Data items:
+++

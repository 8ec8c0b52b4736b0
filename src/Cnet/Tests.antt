-- ===== src/Cnet/Tests.antt =====
-- Runs of cnet.c on concrete inputs.
use tm.Base.{ℕ, ◌+◌, ◌≡◌, refl, true, inl, arith}
use tm.Base.{List, [], ◌∷◌, ◌++◌, length, take, replicate, ok}
use tm.Clib.Arena.{Arena}
use tm.Clib.Arena.Blocks.{IsValid, Extends}
use tm.Clib.Buffer.{Buffer}
use tm.Clib.Buffer.Contents.{contents, Owns, HasRoom}
use tm.Clib.Buffer.Append.{Appended}
use tm.Clib.Str
use tm.Clib.Str.{Str}
use tm.Clib.Str.Held.{Made}
use tm.Cnet.Unpack.Overread.{unpack-overreads}
use tm.Cnet.HostAddr.{SockAddr, from_sock_addr, to_sock_addr, ipaddr_equals}
use tm.Cnet.HostAddr
use tm.Cnet.Pack.{Arg, int, str, pack, pack_len}
use tm.Cnet.Pack.Bytes.{Encodes}
use tm.Cnet.Pack.Bytes
use tm.Cnet.Pack.Appends.{pack_lem}
use tm.Cnet.Pack.Framed.{framed, pack_len_lem}
use tm.Cnet.Unpack.{Slot, unpack}
use tm.Cnet.Unpack.Spec.{Reads}
use tm.Cnet.Unpack.RoundTrip.{unpack-pack}
use tm.Cnet.Stream.{finished, ongoing, RecvEvent, net_recv, SendEvent, net_send}
use tm.Cnet.Stream.Receive.{Delivers, net_recv_lem}
use tm.Cnet.Stream.Receive
use tm.Cnet.Stream.Send.{Takes, SentOff, net_send_lem}
use tm.Cnet.Stream.Send
use tm.Base.{◌⊎◌}
use tm.Cnet.Stream.{failed, SelectEvent, wait_until_complete}
use tm.Cnet.Stream.Wait.{wait_until_complete_lem}
use tm.Cnet.Stream.Wait
use tm.Base.{some, none, some-inj}
use tm.Cnet.Connect
use tm.Cnet.Connect.{OpenEvents, Opened, open_tcp_connect_socket}
use tm.Cnet.Connect.Closes
use tm.Cnet.Connect.Closes.{open_after, open_tcp_connect_socket_lem}

abbrev local : SockAddr
local = record { sin_family = 2; sin_port = 36895; s_addr = 16777343 }

to_sock_addr_example : to_sock_addr (from_sock_addr local) ≡ local
to_sock_addr_example = HostAddr.to_sock_addr-from_sock_addr local refl (omega arith) (omega arith)

-- An arena of 64 bytes with a buffer of 16 in front, which holds one byte.
abbrev room : Arena
room = record { bs = 7 ∷ replicate 63 0; pos = 16; cap = 64 }

room-IsValid : IsValid room
room-IsValid = record { filled = refl; inside = omega arith; small = omega arith }

abbrev one_byte : Buffer
one_byte = record { bs = 0; len = 1; cap = 16 }

one_byte-Owns : Owns room one_byte
one_byte-Owns = record {
  valid = room-IsValid;
  inside = omega arith;
  used = omega arith;
  some_cap = omega arith;
}

-- The format of a message that adds a peer: `%b%s`, here for the alias `ab`.
abbrev fmt : List ℕ
fmt = b'%' ∷ b'b' ∷ b'%' ∷ b's' ∷ []

abbrev args : List Arg
args = int 1 ∷ str (b'a' ∷ b'b' ∷ []) ∷ []

abbrev message : List ℕ
message = 1 ∷ 0 ∷ 2 ∷ b'a' ∷ b'b' ∷ []

abbrev message-Encodes : Encodes fmt args message
message-Encodes = Bytes.byte 1 (Bytes.string (b'a' ∷ b'b' ∷ []) (omega arith) Bytes.end)

pack_example :
    (b : Arena) × (buf' : Buffer) × (pack one_byte fmt args room ≡ ok ((buf', length message), b))
    × Appended room one_byte message b buf'
    × HasRoom b buf' 2
pack_example =
    pack_lem message-Encodes one_byte 2 room one_byte-Owns (omega arith, inl (omega arith))

pack_len_example :
    (b : Arena) × (buf' : Buffer) × (pack_len one_byte fmt args room
      ≡ ok ((buf', length message + 2), b))
    × Appended room one_byte (framed message) b buf'
    × HasRoom b buf' 2
pack_len_example =
    pack_len_lem message-Encodes (omega arith) one_byte 2 room one_byte-Owns
      (omega arith, inl (omega arith))

abbrev slots : List Slot
slots = Slot.u8 0 ∷ Slot.string Str.new0 ∷ []

unpack_example :
    (b : Arena) × (out : List Slot) × (unpack (message ++ (99 ∷ [])) (length message) fmt slots room
      ≡ ok (out, b))
    × Reads b message-Encodes out
    × IsValid b
    × Extends room b
unpack_example =
    unpack-pack message-Encodes slots (99 ∷ []) room
      (0, Slot.string Str.new0 ∷ [], refl, ([], refl, refl)) room-IsValid (omega arith)

abbrev answers : List RecvEvent
answers =
    RecvEvent.bytes (1 ∷ 2 ∷ [])
    ∷ RecvEvent.interrupted
    ∷ RecvEvent.bytes (3 ∷ [])
    ∷ RecvEvent.would_block
    ∷ []

net_recv_example :
    (b : Arena) × (buf' : Buffer) × (net_recv answers one_byte room
      ≡ ok (record { status = ongoing; buf = buf'; events = [] }, b))
    × Appended room one_byte (1 ∷ 2 ∷ 3 ∷ []) b buf'
    × HasRoom b buf' 0
net_recv_example =
    net_recv_lem
      (Receive.more (1 ∷ 2 ∷ []) (Receive.interrupted (Receive.more (3 ∷ []) Receive.would_block)))
      one_byte 0 room one_byte-Owns (omega arith, inl (omega arith))

net_send_example :
    (b : Arena) × (buf' : Buffer) × (net_send
        (SendEvent.interrupted ∷ SendEvent.took 1 ∷ [])
        one_byte
        room
      ≡ ok (
        record {
          status = finished;
          buf = buf';
          wire = take 1 (contents room one_byte);
          events = [];
        },
        b,
      ))
    × SentOff room one_byte 1 b buf'
net_send_example =
    net_send_lem
      (Send.interrupted (omega arith) (Send.some_sent 1 (omega arith) (omega arith) Send.all_sent))
      one_byte room one_byte-Owns refl

-- The socket is ready at the second call of `select`, and takes the byte.
wait_until_complete_example :
    (b : Arena) × (buf' : Buffer) × (wait_until_complete
        (SelectEvent.interrupted ∷ SelectEvent.ready true ∷ [])
        (SendEvent.would_block ∷ SendEvent.took 1 ∷ [])
        one_byte
        room
      ≡ ok (
        record {
          status = finished;
          buf = buf';
          wire = take (0 + 1) (contents room one_byte);
          events = [];
        },
        b,
      ))
    × SentOff room one_byte (0 + 1) b buf'
    × (((finished ≡ finished) × (0 + 1 ≡ 1)) ⊎ (finished ≡ failed))
wait_until_complete_example =
    wait_until_complete_lem
      (Wait.some_sent (Send.would_block (omega arith)) (
        Wait.interrupted
          (Wait.all_sent (Send.some_sent 1 (omega arith) (omega arith) Send.all_sent))))
      one_byte room one_byte-Owns refl

-- A message of three bytes whose string is said to be of four bytes.
overread_example :
    (b : Arena) × (t : Str) × (unpack
        (0 ∷ 4 ∷ 65 ∷ 66 ∷ 67 ∷ 68 ∷ 69 ∷ [])
        3
        (b'%' ∷ b's' ∷ [])
        (Slot.string Str.new0 ∷ [])
        room
      ≡ ok (Slot.string t ∷ [], b))
    × Made room (65 ∷ 66 ∷ 67 ∷ 68 ∷ []) b t
overread_example =
    unpack-overreads (65 ∷ []) (66 ∷ 67 ∷ 68 ∷ []) (69 ∷ []) room (omega arith) (omega arith)
      (omega arith) room-IsValid (omega arith)

-- A connection that is refused when the socket could be written.
abbrev late : OpenEvents
late = record {
  socket = some 5;
  setsockopt = true;
  bind = true;
  connect = Connect.in_progress;
  selects = SelectEvent.interrupted ∷ SelectEvent.ready true ∷ [];
  so_error = some 111;
}

late-Ends : Closes.Ends late none []
late-Ends =
    Closes.late_error refl refl refl refl (Closes.Polls.interrupted Closes.Polls.ready)
      (λ e. omega (arith, some-inj e))

open_tcp_connect_socket_example :
    (o : Opened) × (open_tcp_connect_socket 8100 local late room ≡ ok (o, room))
    × (o.fd ≡ none)
    × (open_after [] o.log ≡ [])
open_tcp_connect_socket_example = open_tcp_connect_socket_lem late-Ends 8100 local room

+++

What this task involves: Nothing should be returned except the lines from the one containing "Wait.interrupted" through the last line of the data, each restated word for word.

Expected answer:
        Wait.interrupted
          (Wait.all_sent (Send.some_sent 1 (omega arith) (omega arith) Send.all_sent))))
      one_byte room one_byte-Owns refl

-- A message of three bytes whose string is said to be of four bytes.
overread_example :
    (b : Arena) × (t : Str) × (unpack
        (0 ∷ 4 ∷ 65 ∷ 66 ∷ 67 ∷ 68 ∷ 69 ∷ [])
        3
        (b'%' ∷ b's' ∷ [])
        (Slot.string Str.new0 ∷ [])
        room
      ≡ ok (Slot.string t ∷ [], b))
    × Made room (65 ∷ 66 ∷ 67 ∷ 68 ∷ []) b t
overread_example =
    unpack-overreads (65 ∷ []) (66 ∷ 67 ∷ 68 ∷ []) (69 ∷ []) room (omega arith) (omega arith)
      (omega arith) room-IsValid (omega arith)

-- A connection that is refused when the socket could be written.
abbrev late : OpenEvents
late = record {
  socket = some 5;
  setsockopt = true;
  bind = true;
  connect = Connect.in_progress;
  selects = SelectEvent.interrupted ∷ SelectEvent.ready true ∷ [];
  so_error = some 111;
}

late-Ends : Closes.Ends late none []
late-Ends =
    Closes.late_error refl refl refl refl (Closes.Polls.interrupted Closes.Polls.ready)
      (λ e. omega (arith, some-inj e))

open_tcp_connect_socket_example :
    (o : Opened) × (open_tcp_connect_socket 8100 local late room ≡ ok (o, room))
    × (o.fd ≡ none)
    × (open_after [] o.log ≡ [])
open_tcp_connect_socket_example = open_tcp_connect_socket_lem late-Ends 8100 local room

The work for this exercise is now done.